SUPPLIED INFORMATION section start

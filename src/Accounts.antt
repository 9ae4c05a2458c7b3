-- ===== src/Accounts.antt =====
-- src/ccreport/accounts.py: connected mailboxes and their credentials. The tables are lists, the access
-- tokens a dictionary by account id; times are seconds and arguments. Sealing a secret and the exchange
-- with the identity provider are arguments. The texts of `status_detail` are left out.
pub mod Ownership
pub mod Tokens
pub mod Disconnect
pub mod Connect
pub mod Connecting
pub mod Connected
pub mod Credentials
pub mod Linked
pub mod Verify
mod Tests
use native.Mathlib.Decide.{ℕ_discrete}
use ccreport.Prelude.{
  ℕ, zero, suc, ◌+◌, Bool, true, false, not, ◌&&◌, ◌||◌, Option, none, some, List, [], ◌∷◌, ◌++◌,
  if◌then◌else◌, ◌==◌, leb, keep, find, map, is_some,
}
use ccreport.Prelude.Texts.{Text, codes, text_eq, normalised, starts_with, Text-discrete}
use ccreport.Errors.{Error, Result, ok, err, account_not_found, reauth_required, ◌>>=◌}
use ccreport.OrderedDict.{lookup, assign, delete}
use ccreport.Audit.{AuditLog, Subject, audit}
use ccreport.Cache.{HeaderCache, invalidate_account}

pub data Status : Type 0 where
  connected needs_reauth revoked : Status

pub record Account : Type 0 where
  pub id : ℕ
  pub user_id : ℕ
  pub provider : Text
  pub address : Text
  pub display_name : Option Text
  pub status : Status
  pub granted_scopes : Option Text
  pub posture : Option Text
  pub imap_host : Option Text
  pub imap_port : Option ℕ
  pub connected_at : ℕ
  pub last_verified_at : Option ℕ
  pub revoked_at : Option ℕ

-- a row of `OAuthToken`: the sealed secret, and the times that the program writes
pub record StoredToken : Type 0 where
  pub sealed : List ℕ
  pub access_expires_at : Option ℕ
  pub refreshed_at : ℕ

pub record CachedToken : Type 0 where
  pub access_token : Text
  pub expires_at : ℕ

pub record User : Type 0 where
  pub id : ℕ
  pub upn : Text

pub record World (V : Type 0) : Type 0 where
  pub accounts : List Account
  pub tokens : List (ℕ × StoredToken)
  pub access : List (ℕ × CachedToken)
  pub headers : HeaderCache V
  pub log : List AuditLog

abbrev pub access_token_skew_seconds : ℕ
access_token_skew_seconds = 60

-- `_AccessTokenCache.get`: an entry that is about to expire is dropped
unfoldable pub get_cached : List (ℕ × CachedToken) → ℕ → ℕ → List (ℕ × CachedToken) × Option Text
get_cached access id now = elim (lookup ℕ_discrete id access) [
  | none ↦ (access, none)
  | some entry ↦
      if leb entry.expires_at (now + access_token_skew_seconds)
      then (delete ℕ_discrete id access, none)
      else (access, some entry.access_token)
]

unfoldable pub put_cached : List (ℕ × CachedToken) → ℕ → Text → ℕ → List (ℕ × CachedToken)
put_cached access id token expires_at =
    assign ℕ_discrete id (record { access_token = token; expires_at = expires_at }) access

unfoldable pub drop_cached : List (ℕ × CachedToken) → ℕ → List (ℕ × CachedToken)
drop_cached access id = delete ℕ_discrete id access

abbrev pub is_revoked : Account → Bool
is_revoked account = elim (account.status) [ revoked ↦ true | _ ↦ false ]

-- `list_accounts` without its order, in which nothing but a message depends
unfoldable pub list_accounts : List Account → ℕ → List Account
list_accounts accounts user_id = keep (λ a. (a.user_id == user_id) && not (is_revoked a)) accounts

unfoldable pub find_account : List Account → ℕ → Option Account
find_account accounts id = find (λ a. a.id == id) accounts

unfoldable pub get_account : List Account → ℕ → ℕ → Result Account
get_account accounts user_id id = elim (find_account accounts id) [
  | none ↦ err account_not_found
  | some account ↦ if account.user_id == user_id then ok account else err account_not_found
]

abbrev pub aliases : List (Text × Text)
aliases =
    (codes "outlook", codes "graph")
    ∷ (codes "microsoft", codes "graph")
    ∷ (codes "graph", codes "graph")
    ∷ (codes "gmail", codes "gmail")
    ∷ (codes "google", codes "gmail")
    ∷ (codes "imap", codes "imap")
    ∷ []

-- `if not matches: ...`
abbrev pub or_next : List Account → List Account → List Account
or_next [] next = next
or_next (a ∷ matches) next = a ∷ matches

unfoldable pub of_alias : Text → List Account → List Account
of_alias reference accounts = elim (lookup Text-discrete reference aliases) [
  | none ↦ []
  | some provider ↦ keep (λ a. text_eq a.provider provider) accounts
]

unfoldable pub matches : Text → List Account → List Account
matches reference accounts =
    or_next (keep (λ a. text_eq a.address reference) accounts)
      (or_next (of_alias reference accounts) (keep (λ a. starts_with a.address reference) accounts))

unfoldable pub the_only : List Account → Result Account
the_only [] = err account_not_found
the_only (a ∷ []) = ok a
the_only (a ∷ b ∷ more) = err account_not_found

-- The id of a row as a text is an argument.
unfoldable pub resolve_account : (ℕ → Text) → List Account → ℕ → Text → Result Account
resolve_account id_text accounts user_id raw =
    let reference = normalised raw in
    let own = list_accounts accounts user_id in
    elim (find (λ a. text_eq (id_text a.id) reference) own) [
      | some account ↦ ok account
      | none ↦ the_only (matches reference own)
    ]

unfoldable pub update_account : ℕ → (Account → Account) → List Account → List Account
update_account id change accounts = map (λ a. if a.id == id then change a else a) accounts

-- the account once it is disconnected
unfoldable pub revoke_account : ℕ → Account → Account
revoke_account now account = record account { status = revoked; revoked_at = some now }

-- what is left when the account is disconnected; `id` is the id that was asked for
unfoldable pub disconnected : {V : Type 0} → World V → User → ℕ → ℕ → Bool → ℕ → World V
disconnected w user id account_id forget now = record w {
  accounts =
      if forget
      then keep (λ a. not (a.id == account_id)) w.accounts
      else update_account account_id (revoke_account now) w.accounts;
  tokens = delete ℕ_discrete account_id w.tokens;
  access = drop_cached w.access account_id;
  headers = (invalidate_account w.headers user.id account_id).0;
  log = audit (some user.upn) "account.disconnect" (Subject.mail_account id) w.log;
}

unfoldable pub disconnect_account : {V : Type 0} → World V → User → ℕ → Bool → ℕ → Result (World V)
disconnect_account w user id forget now = do
  account ← get_account w.accounts user.id id
  ok (disconnected w user id account.id forget now)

SUPPLIED INFORMATION section end

> **WHAT THE TASK REQUIRES**:
From the records above, transcribe exactly the run of lines that opens with the line holding "is_revoked account = elim" and closes with the line holding "none ↦ err account_not_found", both included.

> **EXERCISE OUTPUT**:
is_revoked account = elim (account.status) [ revoked ↦ true | _ ↦ false ]

-- `list_accounts` without its order, in which nothing but a message depends
unfoldable pub list_accounts : List Account → ℕ → List Account
list_accounts accounts user_id = keep (λ a. (a.user_id == user_id) && not (is_revoked a)) accounts

unfoldable pub find_account : List Account → ℕ → Option Account
find_account accounts id = find (λ a. a.id == id) accounts

unfoldable pub get_account : List Account → ℕ → ℕ → Result Account
get_account accounts user_id id = elim (find_account accounts id) [
  | none ↦ err account_not_found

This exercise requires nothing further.